See where that conversation goes---good luck!!!

AS to your initial question, if you just want to make pens for the sake of turning, buy cigar kits.  Nice pen, fairly cheap (Chrome) and enough material to give you some satisfaction when you see the finished product.

Enjoy!!


----------



## scrollsawwoodart (Jul 31, 2011)

Ed do you think it would be a good idea to tell her you would give it to her but you are already committed to giving it to another young lady or would that lead to having to run faster than a car?:biggrin:

This is just to fun!


----------



## SGM Retired (Jul 31, 2011)

+1 on Ed's idea. Not sure if I would try the finacial trick on the better half, I know where that would get me even if I am a Sergeant Major Retired. I like those Cigar pens!!
Gary


----------



## ed4copies (Jul 31, 2011)

scrollsawwoodart said:


> Ed do you think it would be a good idea to tell her you would give it to her but you are already committed to giving it to another young lady or would that lead to having to run faster than a car?:biggrin:
> 
> This is just to fun!




Just a bit TOO risky!!

Could lead to giving her HALF OF ALL YOUR STUFF, by court order!!! 

(About 50% of the male population can explain that to you, if it is unclear!!)

Of course, if you are currently controlling LESS than 50% of your income.............


----------



## IPD_Mrs (Jul 31, 2011)

scrollsawwoodart said:


> Ed do you think it would be a good idea to tell her you would give it to her but you are already committed to giving it to another young lady or would that lead to having to run faster than a car?:biggrin:
> 
> This is just to fun!


 
A car and perhaps a golf club to boot.   
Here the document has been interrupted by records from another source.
-- ===== src/Tools/Idempotence.antt =====
-- The stores of tools/guest_operations.py and tools/guest_credit.py under a repeated key.
use asante_secure_multi_agen.Prelude.{
  ℕ, String, ◌≡◌, refl, inl, inr, true, some, eq_refl, Option-cases,
}
use asante_secure_multi_agen.Prelude.Dict.{Dict, get, put, get-put}
use asante_secure_multi_agen.Prelude.Exec.{Result, ok}
use asante_secure_multi_agen.Tools.Providers.{
  KeyedLog, create_work_order, or_append, send_message, issue, new_work_order, new_message,
  new_credit,
}
use asante_secure_multi_agen.Values.{Fields, flag}

module _ {N : Type 0} where
  -- The store has an entry under the key.
  abbrev Has : KeyedLog N → String → Fields N → Type 0
  Has log key entry = get log.by_key key ≡ some entry

  -- The second of two calls under one key: it answers the entry of the first, marked
  -- as deduplicated, and leaves the store as it is.
  abbrev pub Replays : String → KeyedLog N → Result (Fields N) × KeyedLog N → Type 0
  Replays key log r =
      (entry : Fields N) × (Has log key entry)
      × (r ≡ (ok (put entry "deduplicated" (flag true)), log))

  get-put_same :
      (d : Dict (Fields N)) (key : String) (entry : Fields N)
      → get (put d key entry) key ≡ some entry
  get-put_same d key entry = rw get-put (rw (eq_refl key) refl)

  or_append-Replays :
      (key : String) (entry entry' : Fields N) (log : KeyedLog N)
      → let log' = (or_append key entry (get log.by_key key) log).1 in
        Replays key log' (or_append key entry' (get log'.by_key key) log')
  or_append-Replays key entry entry' log = elim (Option-cases (get log.by_key key)) [
    | inl h ↦ rw h (let same = get-put_same log.by_key key entry in (entry, same, rw same refl))
    | inr (first, h) ↦ rw h (first, h, rw h refl)
  ]

  -- Of two calls under one idempotency key, whatever their other arguments are, the second answers
  -- with the entry of the first, marked as deduplicated, and adds nothing: for work orders, guest
  -- messages and credits.
  pub second_call-Replays :
      (key : String) (log : KeyedLog N)
      → ((hex hex' : String) (now now' : ℕ) (id id' cat cat' urg urg' desc desc' : String)
          → let log' = (create_work_order hex now id cat urg desc key log).1 in
            Replays key log' (create_work_order hex' now' id' cat' urg' desc' key log'))
        × ((hex hex' : String) (now now' : ℕ) (id id' said said' : String)
            → let log' = (send_message hex now id said key log).1 in
              Replays key log' (send_message hex' now' id' said' key log'))
        × ((id id' : String) (amount amount' : N) (reason reason' : String)
            → let log' = (issue id amount reason (some key) log).1 in
              Replays key log' (issue id' amount' reason' (some key) log'))
  unfolding create_work_order send_message issue
  second_call-Replays key log = (
    λ hex hex' now now' id id' cat cat' urg urg' desc desc'.
        or_append-Replays key (new_work_order hex now id cat urg desc)
          (new_work_order hex' now' id' cat' urg' desc') log,
    λ hex hex' now now' id id' said said'.
        or_append-Replays key (new_message hex now id said) (new_message hex' now' id' said') log,
    λ id id' amount amount' reason reason'.
        or_append-Replays key (new_credit id amount reason) (new_credit id' amount' reason') log,
  )
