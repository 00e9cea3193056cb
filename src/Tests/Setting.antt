-- ===== src/Tests/Setting.antt =====
-- The retry loop, the cache, the policy, the stores and the settings at concrete inputs.
use asante_secure_multi_agen.Prelude.{
  ℕ, ◌+◌, ◌≤◌, ◌<◌, String, ◌≡◌, refl, ◌⊎◌, true, false, none, some, [], ◌∷◌, arith, ◌==◌, ltb, leb,
  if◌then◌else◌, is_some,
}
use asante_secure_multi_agen.Prelude.Exec.{
  value_error, transient_credit_provider_error, ok, err, Action,
}
use asante_secure_multi_agen.Reliability.Attempts.{execute_with_bounded_retry-Attempts, Attempts}
use asante_secure_multi_agen.Reliability.Config.{
  credit_retry_policy_bounds, Builtins, Environment, credit_retry_policy_from_env, int_env,
  float_env,
}
use asante_secure_multi_agen.Cache.View.{get_entry-view, put_entry-view, view}
use asante_secure_multi_agen.Security.Policy.{
  credit_bands, credit_at_most, credit_request_between, verified_approved_credit,
}
use asante_secure_multi_agen.Tools.Idempotence.{second_call-Replays, Replays}
use asante_secure_multi_agen.Cache.Store.{InMemoryCacheStore, get_entry, put_entry}
use asante_secure_multi_agen.Reliability.Retry.{
  RetryPolicy, make_policy, execute_with_bounded_retry,
}
use asante_secure_multi_agen.Values.{Fields, num}
use asante_secure_multi_agen.Tools.Providers.{create_work_order, send_message, issue}
use asante_secure_multi_agen.Tests.Data.{dollars, no_log, two_tries, dollars-IsOrdered}

-- Fails with a transient error at its first call.
abbrev flaky : Action ℕ ℕ
flaky s = (if leb s 0 then err (transient_credit_provider_error "busy") else ok s, s + 1)

abbrev no_wait : ℕ → Action ℕ Unit
no_wait n s = (ok tt, s)

execute_with_bounded_retry-Attempts_example :
    (calls : ℕ) × Attempts dollars flaky two_tries no_wait no_wait 1 calls 0
      (execute_with_bounded_retry dollars flaky two_tries no_wait no_wait 0)
    × (calls ≤ 2)
execute_with_bounded_retry-Attempts_example =
    execute_with_bounded_retry-Attempts dollars flaky two_tries no_wait no_wait 0 (omega arith)

abbrev cached : InMemoryCacheStore ℕ
cached = record {
  entries = ("k", record { value = 7; created_at = 0; expires_at = 10 }) ∷ [];
  get_calls = 0;
}

get_entry-view_example :
    ((get_entry "k" 5 cached).0.value ≡ view cached 5 "k")
    × ((get_entry "k" 5 cached).0.hit ≡ is_some (view cached 5 "k"))
    × ((get_entry "k" 5 cached).1.get_calls ≡ 0 + 1)
    × ((later : ℕ) (j : String)
        → 5 ≤ later
        → view (get_entry "k" 5 cached).1 later j ≡ view cached later j)
get_entry-view_example = get_entry-view cached "k" 5

abbrev thirty : ℕ
thirty = 30

put_entry-view_example :
    ((thirty ≡ 0)
      × ((put_entry "j" 8 30 5 cached).0
          ≡ err (value_error "ttl_seconds must be greater than zero"))
      × ((put_entry "j" 8 30 5 cached).1 ≡ cached))
    ⊎ ((0 < 30)
        × ((put_entry "j" 8 30 5 cached).0 ≡ ok tt)
        × ((put_entry "j" 8 30 5 cached).1.get_calls ≡ 0)
        × ((later : ℕ) (j : String)
            → view (put_entry "j" 8 30 5 cached).1 later j ≡ (
                if "j" == j
                then (if leb (5 + 30) later then none else some 8)
                else view cached later j)))
put_entry-view_example = put_entry-view cached "j" 8 30 5

abbrev twenty : Fields ℕ
twenty = ("amount", num 20) ∷ []

credit_bands_example :
    (ltb 0 20 ≡ true
      → leb 20 25 ≡ true
      → (credit_at_most dollars 25 twenty ≡ true)
        × (credit_at_most dollars 100 twenty ≡ true)
        × (credit_request_between dollars 25 100 twenty ≡ false))
    × (ltb 25 20 ≡ true
        → leb 20 100 ≡ true
        → (credit_at_most dollars 25 twenty ≡ false)
          × (credit_at_most dollars 100 twenty ≡ true)
          × (credit_request_between dollars 25 100 twenty ≡ true))
    × (ltb 100 20 ≡ true
        → (credit_at_most dollars 25 twenty ≡ false)
          × (credit_at_most dollars 100 twenty ≡ false)
          × (credit_request_between dollars 25 100 twenty ≡ false)
          × (verified_approved_credit dollars 100 twenty ≡ false))
    × (ltb 0 20 ≡ false
        → (credit_at_most dollars 25 twenty ≡ false)
          × (credit_at_most dollars 100 twenty ≡ false)
          × (credit_request_between dollars 25 100 twenty ≡ false)
          × (verified_approved_credit dollars 100 twenty ≡ false))
credit_bands_example = credit_bands dollars dollars-IsOrdered twenty 20 refl

second_call-Replays_example :
    ((hex hex' : String) (now now' : ℕ) (id id' cat cat' urg urg' desc desc' : String)
      → Replays "k" (create_work_order hex now id cat urg desc "k" no_log).1 (
          create_work_order hex' now' id' cat' urg' desc' "k"
            (create_work_order hex now id cat urg desc "k" no_log).1))
    × ((hex hex' : String) (now now' : ℕ) (id id' said said' : String)
        → Replays "k"
            (send_message hex now id said "k" no_log).1
            (send_message hex' now' id' said' "k" (send_message hex now id said "k" no_log).1))
    × ((id id' : String) (amount amount' : ℕ) (reason reason' : String)
        → Replays "k"
            (issue id amount reason (some "k") no_log).1
            (issue id' amount' reason' (some "k") (issue id amount reason (some "k") no_log).1))
second_call-Replays_example = second_call-Replays "k" no_log

abbrev python : Builtins dollars
python = record {
  int = λ s. ok (some 3);
  float = λ s. ok 1;
  str_int = λ n. "n";
  str_float = λ n. "n";
}

-- An environment with every setting.
abbrev full : Environment
full s = some "3"

abbrev from_full : RetryPolicy ℕ
from_full = record { max_attempts = 3; initial_backoff_seconds = 1; max_backoff_seconds = 1 }

credit_retry_policy_bounds_example :
    (1 ≤ 3) × (3 ≤ 4) × (leb 0 1 ≡ true) × (leb 1 2 ≡ true) × (leb 0 1 ≡ true) × (leb 1 5 ≡ true)
unfolding credit_retry_policy_from_env int_env float_env make_policy
credit_retry_policy_bounds_example =
    credit_retry_policy_bounds dollars python full 0 0 from_full refl
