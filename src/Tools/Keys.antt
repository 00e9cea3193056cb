-- ===== src/Tools/Keys.antt =====
-- Two maintenance requests that share an idempotency key.
use Prim.Native.String.{◌++◌}
use text.Mathlib.TextLemmas.{append_assoc, append-nil}
use mathlib.Core.Path.{subst}
use asante_secure_multi_agen.Prelude.{ℕ, String, ◌≡◌, sym, ap, ◌∙◌, [], ◌∷◌, fstring}
use asante_secure_multi_agen.Floats.{Floats}
use asante_secure_multi_agen.Ruhusa.{Ruhusa, TaskContext}
use asante_secure_multi_agen.Identity.Workload.{Identities}
use asante_secure_multi_agen.Tools.Providers.{operation_key, KeyedLog, create_work_order}
use asante_secure_multi_agen.Tools.Idempotence.{Replays, second_call-Replays}
use asante_secure_multi_agen.Tools.Operations.{TextOps, Draw}
use asante_secure_multi_agen.Tools.Safety.Operations.{maintenance_key}

module _ (F : Floats) (R : Ruhusa F.Float) (ids : Identities) (py : TextOps) (draw : Draw) where
  open py use {strip, sha256}

  abbrev key_of : String → String → String → String → TaskContext → String
  key_of = maintenance_key F R ids py draw

  maintenance_key-eq :
      (task : TaskContext) (reservation_id category description : String)
      → strip category ≡ category
      → strip description ≡ description
      → strip (fstring (category ∷ "\nhigh" ∷ [])) ≡ fstring (category ∷ "\nhigh" ∷ [])
      → strip (fstring ("low\n" ∷ description ∷ [])) ≡ fstring ("low\n" ∷ description ∷ [])
      → key_of reservation_id (fstring (category ∷ "\nhigh" ∷ [])) "low" description task
        ≡ key_of reservation_id category "high" (fstring ("low\n" ∷ description ∷ [])) task
  maintenance_key-eq task reservation_id category description a b c d =
      let end = description ++ "" in
      let rest = "\n" ++ ("low" ++ ("\n" ++ end)) in
      rw (a, b, c, d)
        (ap (operation_key sha256 "maintenance.create" task.task_id reservation_id) (
          append_assoc category "\nhigh" rest
          ∙ ap (λ t. category ++ t) (append_assoc "\n" "high" rest)
          ∙ ap (λ t. category ++ ("\n" ++ ("high" ++ ("\n" ++ t))))
              (sym (append-nil ("low\n" ++ end) ∙ append_assoc "low" "\n" end))))

  -- The idempotency key of a maintenance request does not determine it, since the texts of its
  -- payload are joined by line breaks that they may hold themselves. A request of low urgency whose
  -- category ends with a second line `high`, and one of high urgency whose description begins with
  -- a line `low`, have the same key in a task, if `strip` has nothing to take away. So if both are
  -- made, the second one is answered with the work order of the first, and gets none of its own.
  pub maintenance_key-shared :
      (task : TaskContext) (reservation_id category description : String) (hex hex' : String)
      (now now' : ℕ) (log : KeyedLog F.Float)
      → strip category ≡ category
      → strip description ≡ description
      → strip (fstring (category ∷ "\nhigh" ∷ [])) ≡ fstring (category ∷ "\nhigh" ∷ [])
      → strip (fstring ("low\n" ∷ description ∷ [])) ≡ fstring ("low\n" ∷ description ∷ [])
      → let category' = fstring (category ∷ "\nhigh" ∷ []) in
        let description' = fstring ("low\n" ∷ description ∷ []) in
        let low = key_of reservation_id category' "low" description task in
        let high = key_of reservation_id category "high" description' task in
        let log' =
          (create_work_order hex now reservation_id category' "low" description low log).1 in
        (low ≡ high)
        × Replays low log'
            (create_work_order hex' now' reservation_id category "high" description' high log')
  maintenance_key-shared task reservation_id category description hex hex' now now' log a b c d =
      let category' = fstring (category ∷ "\nhigh" ∷ []) in
      let description' = fstring ("low\n" ∷ description ∷ []) in
      let same = maintenance_key-eq task reservation_id category description a b c d in
      let low = key_of reservation_id category' "low" description task in
      let log' = (create_work_order hex now reservation_id category' "low" description low log).1 in
      (
        same,
        subst
            (λ key.
              Replays low log'
                (create_work_order hex' now' reservation_id category "high" description' key log'))
            same
            ((second_call-Replays low log).0 hex hex' now now' reservation_id reservation_id
              category' category "low" "high" description description'),
      )
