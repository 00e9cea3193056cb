-- ===== src/Tests/Tool.antt =====
-- The fence and the tools at concrete calls.
use asante_secure_multi_agen.Tools.Keys.{maintenance_key-shared}
use asante_secure_multi_agen.Tools.Idempotence.{Replays}
use asante_secure_multi_agen.Prelude.{ℕ, ◌≡◌, refl, [], ◌∷◌}
use asante_secure_multi_agen.Prelude.Exec.{Action, pure}
use asante_secure_multi_agen.Tools.Fence.{gated-Fenced, Fenced}
use asante_secure_multi_agen.Tools.Safety.Operations.{maintenance_key}
use asante_secure_multi_agen.Tools.Safety.Approved.{execute_approved-OnlyIfAdmitted, ExecutedOnce}
use asante_secure_multi_agen.Approvals.Store.{ApprovalRecord, from_row}
use asante_secure_multi_agen.Tools.Reservation.{ReadTimes}
use asante_secure_multi_agen.Ruhusa.{Authorization, Invocation}
use asante_secure_multi_agen.World.{World}
use asante_secure_multi_agen.Tests.Data.{
  no_log, library, stay, agreed, hotel, opening, dollars, draw, texts,
}
use asante_secure_multi_agen.Tools.ApprovedCredit.{execute_approved}
use asante_secure_multi_agen.Values.{Fields, text}
use asante_secure_multi_agen.Tools.Gate.{gated}
use asante_secure_multi_agen.Tools.Providers.{issue, create_work_order}
use asante_secure_multi_agen.Metrics.{record_cache_denied_before_lookup}

abbrev pay : Invocation ℕ
pay = record {
  invoking_principal_id = "a";
  executing_principal_id = "b";
  principal_type = "agent";
  task = stay;
  action = "guest.credit.issue";
  resource = "reservation:R-3001";
  arguments = [];
  expires_at = 5;
  tool_id = "t";
  implementation_id = "i";
  delegation_chain = [];
}

abbrev answer : ℕ → Authorization → Action (World library) (Fields ℕ)
answer permit auth = pure (("status", text "issued") ∷ [])

gated-Fenced_example :
    Fenced library pay answer opening
      (gated library pay record_cache_denied_before_lookup (pure tt) answer opening)
gated-Fenced_example =
    gated-Fenced library pay record_cache_denied_before_lookup (pure tt) answer opening

abbrev times : ReadTimes
times = record { now = 5; looked_up = 1; stored = 2 }

abbrev with_agreed : World library
with_agreed = record opening { business = record opening.business { approvals = agreed ∷ [] } }

abbrev to_pay : ApprovalRecord ℕ
to_pay = from_row agreed

execute_approved-OnlyIfAdmitted_example :
    ExecutedOnce library hotel issue to_pay.status to_pay stay [] with_agreed
      (execute_approved library hotel issue to_pay stay [] 5 with_agreed)
execute_approved-OnlyIfAdmitted_example =
    execute_approved-OnlyIfAdmitted library hotel issue to_pay stay [] 5 with_agreed

maintenance_key-shared_example :
    (maintenance_key dollars library hotel texts draw "R-3001" "pipes\nhigh" "low" "leak" stay
      ≡ maintenance_key dollars library hotel texts draw "R-3001" "pipes" "high" "low\nleak" stay)
    × Replays
        (maintenance_key dollars library hotel texts draw "R-3001" "pipes\nhigh" "low" "leak" stay)
        (create_work_order "0123456789" 5 "R-3001" "pipes\nhigh" "low" "leak"
          (maintenance_key dollars library hotel texts draw "R-3001" "pipes\nhigh" "low" "leak"
            stay)
          no_log).1
        (create_work_order "9876543210" 6 "R-3001" "pipes" "high" "low\nleak"
          (maintenance_key dollars library hotel texts draw "R-3001" "pipes" "high" "low\nleak"
            stay)
          (create_work_order "0123456789" 5 "R-3001" "pipes\nhigh" "low" "leak"
            (maintenance_key dollars library hotel texts draw "R-3001" "pipes\nhigh" "low" "leak"
              stay)
            no_log).1)
maintenance_key-shared_example =
    maintenance_key-shared dollars library hotel texts draw stay "R-3001" "pipes" "leak"
      "0123456789" "9876543210" 5 6 no_log refl refl refl refl
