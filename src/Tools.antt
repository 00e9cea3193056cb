-- ===== src/Tools.antt =====
-- src/asante_secure_multi_agent/tools: the secured business tools.
pub mod Providers
pub mod Idempotence
pub mod Keys
pub mod Gate
pub mod Operations
pub mod Credit
pub mod Reservation
pub mod ApprovedCredit
pub mod Fence
pub mod Safety
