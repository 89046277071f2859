-- ===== src/Ticker/Warnings.antt =====
-- crates/tb-daemon/src/tick.rs: what a tick does while access is allowed.
pub mod Once
use time_bandits.Base.{
  ℕ, Bool, false, ◌&&◌, ◌||◌, not, Option, none, some, List, [], ◌∷◌, any, leb, ◌==◌, if◌then◌else◌,
}
use time_bandits.Jiff.{Jiff}
use time_bandits.Duration.{DurationSpec, as_secs}
use time_bandits.Schedule.{PolicyDay}
use time_bandits.Policy.{Policy, sorted_warnings}
use time_bandits.Engine.{Allowance}
use time_bandits.Ticker.State.{Outcome, UserState, done, running, warn}

-- The loop over the thresholds: the seconds warned of, and whether one of them is new.
unfoldable pub cross : DurationSpec → List DurationSpec → List ℕ → Bool → List ℕ × Bool
cross remaining [] warned announce = (warned, announce)
cross remaining (threshold ∷ rest) warned announce =
    let new = leb remaining threshold && not (any (λ s. s == as_secs threshold) warned) in
    cross remaining rest (if new then as_secs threshold ∷ warned else warned) (announce || new)

module _ (j : Jiff) where
  abbrev pub same_date : Option j.Date → j.Date → Bool
  same_date none d = false
  same_date (some e) d = j.date_eq e d

  -- A new policy day starts quiet, and access that came back ends an escalation.
  unfoldable pub restore : PolicyDay j → UserState j → UserState j
  restore day state =
      let fresh_day = not (same_date state.warned_on day.date) in
      record state {
        warned = if fresh_day then [] else state.warned;
        warned_on = if fresh_day then some day.date else state.warned_on;
        phase = running;
      }

  -- Marks the thresholds that are crossed, and speaks once if one of them is new.
  unfoldable pub announce_crossed : Policy → DurationSpec → UserState j → Outcome (UserState j)
  unfolding cross
  announce_crossed policy remaining state =
      let (warned, announce) = cross remaining (sorted_warnings policy) state.warned false in
      done (record state { warned = warned }) (if announce then warn remaining ∷ [] else [])

  unfoldable pub on_allowed :
      Policy → PolicyDay j → Bool → Allowance → UserState j → Outcome (UserState j)
  unfolding announce_crossed restore
  on_allowed policy day at_work a state =
      let state' = restore day state in
      elim a.remaining [
        | none ↦ done state' []
        | some remaining ↦
            if at_work then announce_crossed policy remaining state' else done state' []
      ]
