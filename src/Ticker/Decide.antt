-- ===== src/Ticker/Decide.antt =====
-- crates/tb-daemon/src/tick.rs: `apply_verdict`, and when `tick_user` decides at all.
use time_bandits.Base.{
  Bool, true, false, ◌&&◌, not, Option, none, some, List, [], ◌++◌, if◌then◌else◌,
}
use time_bandits.Jiff.{Jiff, Timestamp}
use time_bandits.Schedule.{PolicyDay}
use time_bandits.Policy.{Policy, TamperResponse, lock_immediately}
use time_bandits.Engine.{UsageSnapshot, daily_quota_exhausted, allowed, denied, evaluate}
use time_bandits.Agent.{Report}
use time_bandits.Logind.{SessionInfo}
use time_bandits.Ticker.State.{Answers, Effect, Outcome, UserState, done, failed}
use time_bandits.Ticker.Enforce.{enforce}
use time_bandits.Ticker.Warnings.{on_allowed}

-- The effects of an earlier part of the tick stand before those of the rest.
abbrev pub after : {S : Type 0} → List Effect → Outcome S → Outcome S
after earlier o = record o { effects = earlier ++ o.effects }

abbrev pub is_blind : Bool → Option Report → Bool
is_blind at_work report = at_work && (elim report [ none ↦ true | some r ↦ not r.focus_tracking ])

abbrev pub locks_immediately : TamperResponse → Bool
locks_immediately lock_immediately = true
locks_immediately _ = false

abbrev pub is_managed : Option Bool → Bool
is_managed (some true) = true
is_managed _ = false

module _ (j : Jiff) where
  -- `apply_verdict`.
  unfoldable pub apply_verdict :
      List SessionInfo
      → Policy
      → UsageSnapshot
      → PolicyDay j
      → Bool
      → Timestamp
      → Bool
      → UserState j
      → Outcome (UserState j)
  unfolding on_allowed enforce
  apply_verdict sessions policy snapshot day at_work now event_written state =
      elim (evaluate j policy snapshot now) [
        | allowed a ↦ on_allowed j policy day at_work a state
        | denied d ↦ enforce j sessions policy d.reason now event_written state
      ]

  -- The part of `tick_user` below `--- decide ---`.
  unfoldable pub decide :
      List SessionInfo
      → Policy
      → Bool
      → Bool
      → Timestamp
      → Answers j
      → UserState j
      → Outcome (UserState j)
  decide sessions policy at_work blind now answers state =
      if answers.disabled
      then done state []
      else if not (is_managed answers.member)
      then done (record state { unmanaged_reported = true }) []
      else if blind && locks_immediately policy.on_tamper
      then enforce j sessions policy daily_quota_exhausted now answers.event_written state
      else elim answers.snapshot [
        | none ↦ failed state []
        | some (snapshot, day) ↦
            apply_verdict sessions policy snapshot day at_work now answers.event_written state
      ]
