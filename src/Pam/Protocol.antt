-- ===== src/Pam/Protocol.antt =====
-- crates/tb-proto/src/pam.rs: the question and the answer; and the facts of a refusal from
-- crates/tb-proto/src/text.rs.
use time_bandits.Base.{ℕ, Bool, true, false, Option, some, none, Text}

pub data Phase : Type 0 where
  auth account : Phase

pub data Reason : Type 0 where
  daily_quota weekly_quota outside_window service_unavailable : Reason

pub record RetryAt : Type 0 where
  pub clock : Option Text
  pub not_today : Bool
  pub weekday : Option Text

-- `RetryAt::default`.
abbrev pub no_retry : RetryAt
no_retry = record { clock = none; not_today = false; weekday = none }

abbrev pub version : ℕ
version = 1

pub record Query : Type 0 where
  pub v : ℕ
  pub user : Text
  pub service : Text
  pub phase : Phase

abbrev pub new_query : Text → Text → Phase → Query
new_query user service phase = record { v = version; user = user; service = service; phase = phase }

pub data Decision : Type 0 where
  ignore allow deny : Decision

pub record Answer : Type 0 where
  pub v : ℕ
  pub decision : Decision
  pub message : Option Text
  pub reason : Option Reason
  pub retry : RetryAt
  pub retry_in_secs : Option ℕ

abbrev bare : Decision → Option Text → Answer
bare decision message = record {
  v = version;
  decision = decision;
  message = message;
  reason = none;
  retry = no_retry;
  retry_in_secs = none;
}

-- `Answer::allow`, `Answer::ignore` and `Answer::deny`.
unfoldable pub answer_allow : Answer
answer_allow = bare allow none

unfoldable pub answer_ignore : Answer
answer_ignore = bare ignore none

unfoldable pub answer_deny : Text → Answer
answer_deny message = bare deny (some message)

unfoldable pub with_reason : Answer → Reason → RetryAt → Answer
with_reason answer reason retry = record answer { reason = some reason; retry = retry }

unfoldable pub with_retry_in : Answer → ℕ → Answer
with_retry_in answer secs = record answer { retry_in_secs = some secs }

abbrev pub is_deny : Decision → Bool
is_deny deny = true
is_deny _ = false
I would buy two high quality blanks (try to get them on sale from a group buy etc.) and I would get some great materials like Terry was talking about to make something so awesome it would SELL in a NY Minute.  THEN I would take ALL the extra money from my sales and buy a couple more pens .. and repeat the process.  Now mind you I would set up an agreement with the LOYL when you get your monthly installment and make sure SHE has AGREED to your spending anything you make in ADDITION to the new budget you have ...  

Well just a thought expansion on TerryF's idea from this side of the world.

:wink:


----------



## scrollsawwoodart (Jul 31, 2011)

I am just a young jedi still learning... guess I will try the other route:biggrin:


----------



## Fibonacci (Jul 31, 2011)

IPD_Mrs said:


> I would buy two high quality blanks (try to get them on sale from a group buy etc.) and I would get some great materials like Terry was talking about to make something so awesome it would SELL in a NY Minute.  THEN I would take ALL the extra money from my sales and buy a couple more pens .. and repeat the process.



This is my system.  I have $40 a month to blow and have to "earn" whatever else I want to do.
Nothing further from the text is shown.